Segment Start: RECORDED INFORMATION

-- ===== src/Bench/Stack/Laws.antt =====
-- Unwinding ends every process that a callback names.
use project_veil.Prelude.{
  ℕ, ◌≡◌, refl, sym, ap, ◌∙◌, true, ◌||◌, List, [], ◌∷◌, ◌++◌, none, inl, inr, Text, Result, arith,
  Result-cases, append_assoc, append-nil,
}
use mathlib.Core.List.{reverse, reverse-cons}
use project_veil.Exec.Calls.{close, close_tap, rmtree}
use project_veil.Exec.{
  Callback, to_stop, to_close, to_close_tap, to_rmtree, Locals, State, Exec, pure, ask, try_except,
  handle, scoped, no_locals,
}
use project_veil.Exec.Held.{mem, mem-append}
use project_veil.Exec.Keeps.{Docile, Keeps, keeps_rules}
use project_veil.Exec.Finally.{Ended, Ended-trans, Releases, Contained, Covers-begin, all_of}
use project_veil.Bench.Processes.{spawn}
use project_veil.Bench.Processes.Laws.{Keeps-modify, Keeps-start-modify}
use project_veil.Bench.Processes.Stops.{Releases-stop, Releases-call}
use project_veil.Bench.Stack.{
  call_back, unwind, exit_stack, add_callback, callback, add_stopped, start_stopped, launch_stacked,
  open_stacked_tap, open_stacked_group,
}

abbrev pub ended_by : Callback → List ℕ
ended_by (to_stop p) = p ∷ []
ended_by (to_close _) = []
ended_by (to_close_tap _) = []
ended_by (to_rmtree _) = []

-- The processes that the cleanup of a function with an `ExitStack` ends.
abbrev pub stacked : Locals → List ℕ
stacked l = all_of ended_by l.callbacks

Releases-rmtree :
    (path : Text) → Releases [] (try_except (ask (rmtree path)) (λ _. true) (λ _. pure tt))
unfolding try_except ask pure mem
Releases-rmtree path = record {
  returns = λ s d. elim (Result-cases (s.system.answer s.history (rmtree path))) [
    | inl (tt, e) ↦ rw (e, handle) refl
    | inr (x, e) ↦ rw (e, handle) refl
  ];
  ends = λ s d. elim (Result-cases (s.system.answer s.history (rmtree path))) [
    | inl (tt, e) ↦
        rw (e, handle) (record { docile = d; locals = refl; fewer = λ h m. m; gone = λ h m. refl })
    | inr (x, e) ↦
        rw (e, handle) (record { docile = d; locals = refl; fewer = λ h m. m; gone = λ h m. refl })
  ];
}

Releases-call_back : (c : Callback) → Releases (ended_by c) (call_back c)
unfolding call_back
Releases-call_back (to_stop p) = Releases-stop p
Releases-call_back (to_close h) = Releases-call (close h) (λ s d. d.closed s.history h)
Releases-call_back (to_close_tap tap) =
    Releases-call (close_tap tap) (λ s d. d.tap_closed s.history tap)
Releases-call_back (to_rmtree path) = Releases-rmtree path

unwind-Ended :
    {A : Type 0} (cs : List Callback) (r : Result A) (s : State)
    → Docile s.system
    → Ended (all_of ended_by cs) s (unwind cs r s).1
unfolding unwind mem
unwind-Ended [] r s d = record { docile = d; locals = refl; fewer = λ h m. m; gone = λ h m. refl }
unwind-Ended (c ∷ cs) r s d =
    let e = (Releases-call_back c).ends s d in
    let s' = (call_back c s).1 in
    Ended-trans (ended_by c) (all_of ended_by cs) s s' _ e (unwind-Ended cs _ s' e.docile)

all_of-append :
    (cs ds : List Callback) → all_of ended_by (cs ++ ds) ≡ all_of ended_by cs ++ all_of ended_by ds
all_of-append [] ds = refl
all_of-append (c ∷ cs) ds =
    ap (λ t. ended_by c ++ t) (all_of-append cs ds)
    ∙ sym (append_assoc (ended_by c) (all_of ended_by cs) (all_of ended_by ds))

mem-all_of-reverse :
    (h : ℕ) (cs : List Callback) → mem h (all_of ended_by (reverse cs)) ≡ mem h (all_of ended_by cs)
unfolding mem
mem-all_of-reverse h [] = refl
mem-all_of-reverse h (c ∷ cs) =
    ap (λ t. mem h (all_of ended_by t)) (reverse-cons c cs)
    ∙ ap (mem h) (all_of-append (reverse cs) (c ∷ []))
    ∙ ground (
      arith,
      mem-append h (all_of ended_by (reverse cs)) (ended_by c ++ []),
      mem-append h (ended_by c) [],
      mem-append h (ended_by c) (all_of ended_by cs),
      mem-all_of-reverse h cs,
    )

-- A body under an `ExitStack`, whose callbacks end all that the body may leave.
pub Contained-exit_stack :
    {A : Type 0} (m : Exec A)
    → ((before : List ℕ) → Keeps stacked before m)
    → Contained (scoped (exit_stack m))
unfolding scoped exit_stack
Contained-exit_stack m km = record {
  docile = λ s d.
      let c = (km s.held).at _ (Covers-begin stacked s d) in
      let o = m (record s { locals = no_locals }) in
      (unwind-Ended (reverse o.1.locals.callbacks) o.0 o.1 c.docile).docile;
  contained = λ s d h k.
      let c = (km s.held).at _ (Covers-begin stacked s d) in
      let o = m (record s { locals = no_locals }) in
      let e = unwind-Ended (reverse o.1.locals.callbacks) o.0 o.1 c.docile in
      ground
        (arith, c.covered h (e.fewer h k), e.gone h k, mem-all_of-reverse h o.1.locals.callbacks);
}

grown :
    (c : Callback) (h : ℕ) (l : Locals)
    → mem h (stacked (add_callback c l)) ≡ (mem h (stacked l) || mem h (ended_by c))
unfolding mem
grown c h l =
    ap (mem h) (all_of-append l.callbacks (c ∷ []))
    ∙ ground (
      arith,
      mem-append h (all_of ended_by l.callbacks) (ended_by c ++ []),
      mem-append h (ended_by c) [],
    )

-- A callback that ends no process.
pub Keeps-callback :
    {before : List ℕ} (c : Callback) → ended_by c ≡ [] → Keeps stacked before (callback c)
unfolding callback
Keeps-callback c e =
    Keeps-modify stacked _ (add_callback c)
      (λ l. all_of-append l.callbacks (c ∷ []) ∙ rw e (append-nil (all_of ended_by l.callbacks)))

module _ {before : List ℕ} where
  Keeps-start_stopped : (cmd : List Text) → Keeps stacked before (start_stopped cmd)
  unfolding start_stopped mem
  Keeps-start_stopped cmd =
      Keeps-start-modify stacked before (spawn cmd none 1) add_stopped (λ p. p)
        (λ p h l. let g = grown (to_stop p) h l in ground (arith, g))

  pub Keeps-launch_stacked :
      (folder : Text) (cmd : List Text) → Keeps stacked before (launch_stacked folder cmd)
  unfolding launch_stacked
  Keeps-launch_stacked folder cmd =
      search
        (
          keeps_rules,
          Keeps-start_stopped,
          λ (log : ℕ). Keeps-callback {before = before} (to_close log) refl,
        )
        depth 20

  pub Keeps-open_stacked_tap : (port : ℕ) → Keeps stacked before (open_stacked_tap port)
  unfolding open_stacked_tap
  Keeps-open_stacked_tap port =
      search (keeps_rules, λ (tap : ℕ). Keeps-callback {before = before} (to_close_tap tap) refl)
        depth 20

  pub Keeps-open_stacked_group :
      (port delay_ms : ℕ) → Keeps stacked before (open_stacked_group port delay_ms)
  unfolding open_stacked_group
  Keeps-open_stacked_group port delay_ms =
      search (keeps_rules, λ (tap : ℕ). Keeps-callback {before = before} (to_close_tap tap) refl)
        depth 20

Segment End: RECORDED INFORMATION
Segment Start: RECORDED INFORMATION

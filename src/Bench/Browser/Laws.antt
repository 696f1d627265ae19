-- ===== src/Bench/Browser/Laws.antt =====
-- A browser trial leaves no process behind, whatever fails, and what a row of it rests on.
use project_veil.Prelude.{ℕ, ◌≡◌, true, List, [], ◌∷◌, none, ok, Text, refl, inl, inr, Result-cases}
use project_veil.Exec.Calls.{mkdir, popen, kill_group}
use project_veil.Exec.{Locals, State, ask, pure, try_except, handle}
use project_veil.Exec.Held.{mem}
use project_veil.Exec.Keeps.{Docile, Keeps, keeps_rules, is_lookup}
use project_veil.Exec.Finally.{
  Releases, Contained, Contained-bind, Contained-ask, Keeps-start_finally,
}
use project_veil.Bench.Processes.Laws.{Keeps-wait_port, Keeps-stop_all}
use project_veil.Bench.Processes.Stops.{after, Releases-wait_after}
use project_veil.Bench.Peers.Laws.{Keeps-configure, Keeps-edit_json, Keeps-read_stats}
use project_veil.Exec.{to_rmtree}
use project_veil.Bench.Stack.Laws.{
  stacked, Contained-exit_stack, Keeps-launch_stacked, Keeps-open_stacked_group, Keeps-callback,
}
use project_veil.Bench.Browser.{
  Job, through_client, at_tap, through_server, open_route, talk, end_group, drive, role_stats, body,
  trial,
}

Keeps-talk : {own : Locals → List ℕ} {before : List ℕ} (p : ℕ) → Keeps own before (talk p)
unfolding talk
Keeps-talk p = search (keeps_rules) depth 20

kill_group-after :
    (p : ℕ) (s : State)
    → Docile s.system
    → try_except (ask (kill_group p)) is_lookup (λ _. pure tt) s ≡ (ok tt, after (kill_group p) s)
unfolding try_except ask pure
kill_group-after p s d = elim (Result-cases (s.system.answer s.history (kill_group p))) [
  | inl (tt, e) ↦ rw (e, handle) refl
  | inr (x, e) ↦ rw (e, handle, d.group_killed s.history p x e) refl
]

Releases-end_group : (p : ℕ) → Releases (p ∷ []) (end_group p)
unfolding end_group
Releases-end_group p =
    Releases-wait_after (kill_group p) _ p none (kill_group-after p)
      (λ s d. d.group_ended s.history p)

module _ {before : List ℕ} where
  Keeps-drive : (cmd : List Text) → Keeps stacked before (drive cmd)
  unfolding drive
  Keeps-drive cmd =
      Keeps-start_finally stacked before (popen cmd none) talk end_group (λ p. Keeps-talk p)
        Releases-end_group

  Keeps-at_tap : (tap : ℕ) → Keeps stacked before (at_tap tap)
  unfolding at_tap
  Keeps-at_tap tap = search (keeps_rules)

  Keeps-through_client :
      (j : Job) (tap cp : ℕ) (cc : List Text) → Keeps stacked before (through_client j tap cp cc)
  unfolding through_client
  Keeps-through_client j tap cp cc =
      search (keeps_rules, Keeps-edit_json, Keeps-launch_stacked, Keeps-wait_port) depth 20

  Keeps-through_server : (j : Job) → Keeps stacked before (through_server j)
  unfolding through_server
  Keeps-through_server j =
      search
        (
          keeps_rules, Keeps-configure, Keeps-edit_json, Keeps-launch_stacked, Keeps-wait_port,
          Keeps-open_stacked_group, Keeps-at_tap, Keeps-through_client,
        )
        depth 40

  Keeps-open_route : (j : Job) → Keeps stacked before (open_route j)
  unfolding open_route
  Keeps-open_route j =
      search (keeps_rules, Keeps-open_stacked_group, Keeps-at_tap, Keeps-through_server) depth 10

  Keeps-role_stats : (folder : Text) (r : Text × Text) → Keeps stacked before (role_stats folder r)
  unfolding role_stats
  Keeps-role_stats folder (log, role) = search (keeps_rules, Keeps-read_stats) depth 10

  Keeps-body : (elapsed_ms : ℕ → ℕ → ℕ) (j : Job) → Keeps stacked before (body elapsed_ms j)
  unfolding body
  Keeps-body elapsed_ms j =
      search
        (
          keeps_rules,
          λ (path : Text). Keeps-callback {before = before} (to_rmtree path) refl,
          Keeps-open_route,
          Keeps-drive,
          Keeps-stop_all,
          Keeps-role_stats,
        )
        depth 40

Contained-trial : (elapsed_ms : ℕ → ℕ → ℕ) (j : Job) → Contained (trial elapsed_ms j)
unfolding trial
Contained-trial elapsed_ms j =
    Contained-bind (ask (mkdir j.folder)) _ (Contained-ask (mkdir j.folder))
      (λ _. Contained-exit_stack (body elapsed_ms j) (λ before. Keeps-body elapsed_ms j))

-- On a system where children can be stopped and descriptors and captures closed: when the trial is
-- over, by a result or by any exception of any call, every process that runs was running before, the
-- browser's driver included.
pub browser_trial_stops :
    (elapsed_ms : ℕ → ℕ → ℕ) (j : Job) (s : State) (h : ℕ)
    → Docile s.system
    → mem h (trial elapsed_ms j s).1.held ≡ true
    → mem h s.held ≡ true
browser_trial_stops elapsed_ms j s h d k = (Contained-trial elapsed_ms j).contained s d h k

Segment End: RECORDED INFORMATION
Segment Start: RECORDED INFORMATION

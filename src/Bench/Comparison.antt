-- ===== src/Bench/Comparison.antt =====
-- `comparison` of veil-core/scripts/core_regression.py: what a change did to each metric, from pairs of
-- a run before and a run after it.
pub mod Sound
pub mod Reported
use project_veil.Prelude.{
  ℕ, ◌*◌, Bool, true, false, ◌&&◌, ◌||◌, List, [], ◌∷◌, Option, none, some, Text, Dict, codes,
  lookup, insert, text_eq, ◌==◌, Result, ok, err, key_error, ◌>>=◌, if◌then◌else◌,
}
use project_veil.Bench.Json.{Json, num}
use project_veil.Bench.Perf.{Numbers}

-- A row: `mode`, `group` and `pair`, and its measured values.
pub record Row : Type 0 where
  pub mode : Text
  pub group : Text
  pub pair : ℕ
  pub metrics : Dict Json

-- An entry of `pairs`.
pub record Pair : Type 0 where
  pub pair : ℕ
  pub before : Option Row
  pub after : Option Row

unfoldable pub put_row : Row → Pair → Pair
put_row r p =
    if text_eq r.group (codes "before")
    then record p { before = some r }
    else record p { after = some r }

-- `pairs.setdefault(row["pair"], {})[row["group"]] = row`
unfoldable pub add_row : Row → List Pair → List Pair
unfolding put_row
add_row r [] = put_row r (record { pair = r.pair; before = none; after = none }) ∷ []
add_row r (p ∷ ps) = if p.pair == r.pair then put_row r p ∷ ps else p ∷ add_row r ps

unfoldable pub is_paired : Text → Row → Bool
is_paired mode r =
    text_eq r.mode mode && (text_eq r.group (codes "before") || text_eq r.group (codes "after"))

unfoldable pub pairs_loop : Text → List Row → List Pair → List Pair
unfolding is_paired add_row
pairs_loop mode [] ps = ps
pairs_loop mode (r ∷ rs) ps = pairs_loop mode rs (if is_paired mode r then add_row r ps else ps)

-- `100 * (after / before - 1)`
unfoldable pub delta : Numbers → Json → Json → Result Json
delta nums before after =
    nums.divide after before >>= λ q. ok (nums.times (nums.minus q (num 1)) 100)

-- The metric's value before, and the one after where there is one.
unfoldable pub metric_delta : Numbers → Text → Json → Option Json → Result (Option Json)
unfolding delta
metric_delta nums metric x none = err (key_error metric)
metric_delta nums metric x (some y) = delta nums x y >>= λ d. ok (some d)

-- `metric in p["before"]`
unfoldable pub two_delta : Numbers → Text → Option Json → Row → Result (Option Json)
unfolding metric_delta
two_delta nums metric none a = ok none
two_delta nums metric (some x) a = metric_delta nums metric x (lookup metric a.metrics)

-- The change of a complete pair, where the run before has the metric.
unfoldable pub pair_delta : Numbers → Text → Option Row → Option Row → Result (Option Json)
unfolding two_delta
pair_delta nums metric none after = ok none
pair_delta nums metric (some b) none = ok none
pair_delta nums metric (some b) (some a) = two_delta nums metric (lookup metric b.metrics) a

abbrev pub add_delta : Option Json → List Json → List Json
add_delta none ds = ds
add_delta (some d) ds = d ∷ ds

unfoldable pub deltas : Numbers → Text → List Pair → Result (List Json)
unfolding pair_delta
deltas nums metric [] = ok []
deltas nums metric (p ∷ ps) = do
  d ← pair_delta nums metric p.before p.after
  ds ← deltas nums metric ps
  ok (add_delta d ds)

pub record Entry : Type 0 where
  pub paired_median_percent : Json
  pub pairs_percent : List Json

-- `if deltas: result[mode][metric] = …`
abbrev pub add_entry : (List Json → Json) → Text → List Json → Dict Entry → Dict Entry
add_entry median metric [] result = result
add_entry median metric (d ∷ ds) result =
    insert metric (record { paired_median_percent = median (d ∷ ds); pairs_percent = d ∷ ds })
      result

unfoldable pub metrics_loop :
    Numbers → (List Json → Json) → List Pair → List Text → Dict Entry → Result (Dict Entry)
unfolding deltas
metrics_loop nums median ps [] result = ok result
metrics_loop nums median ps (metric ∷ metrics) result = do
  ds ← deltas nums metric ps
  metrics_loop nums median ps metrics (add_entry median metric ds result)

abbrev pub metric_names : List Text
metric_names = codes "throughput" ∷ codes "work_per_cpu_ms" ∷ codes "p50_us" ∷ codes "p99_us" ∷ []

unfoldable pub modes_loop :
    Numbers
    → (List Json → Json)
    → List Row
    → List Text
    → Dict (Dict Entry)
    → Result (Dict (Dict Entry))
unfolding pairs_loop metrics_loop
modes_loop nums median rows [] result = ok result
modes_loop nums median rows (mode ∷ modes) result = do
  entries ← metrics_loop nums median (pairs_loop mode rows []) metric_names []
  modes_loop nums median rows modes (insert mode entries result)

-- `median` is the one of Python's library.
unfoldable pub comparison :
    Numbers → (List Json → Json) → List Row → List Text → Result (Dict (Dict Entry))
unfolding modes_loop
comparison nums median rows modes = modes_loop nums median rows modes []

Segment End: RECORDED INFORMATION

▸ TASK OBJECTIVE:
What you give back should be exactly the lines of the data above from the line with "pair_delta nums metric none after = ok none" through the line with "add_entry median metric [] result = result", both of those included, and nothing more.

▸ REPLY:
pair_delta nums metric none after = ok none
pair_delta nums metric (some b) none = ok none
pair_delta nums metric (some b) (some a) = two_delta nums metric (lookup metric b.metrics) a

abbrev pub add_delta : Option Json → List Json → List Json
add_delta none ds = ds
add_delta (some d) ds = d ∷ ds

unfoldable pub deltas : Numbers → Text → List Pair → Result (List Json)
unfolding pair_delta
deltas nums metric [] = ok []
deltas nums metric (p ∷ ps) = do
  d ← pair_delta nums metric p.before p.after
  ds ← deltas nums metric ps
  ok (add_delta d ds)

pub record Entry : Type 0 where
  pub paired_median_percent : Json
  pub pairs_percent : List Json

-- `if deltas: result[mode][metric] = …`
abbrev pub add_entry : (List Json → Json) → Text → List Json → Dict Entry → Dict Entry
add_entry median metric [] result = result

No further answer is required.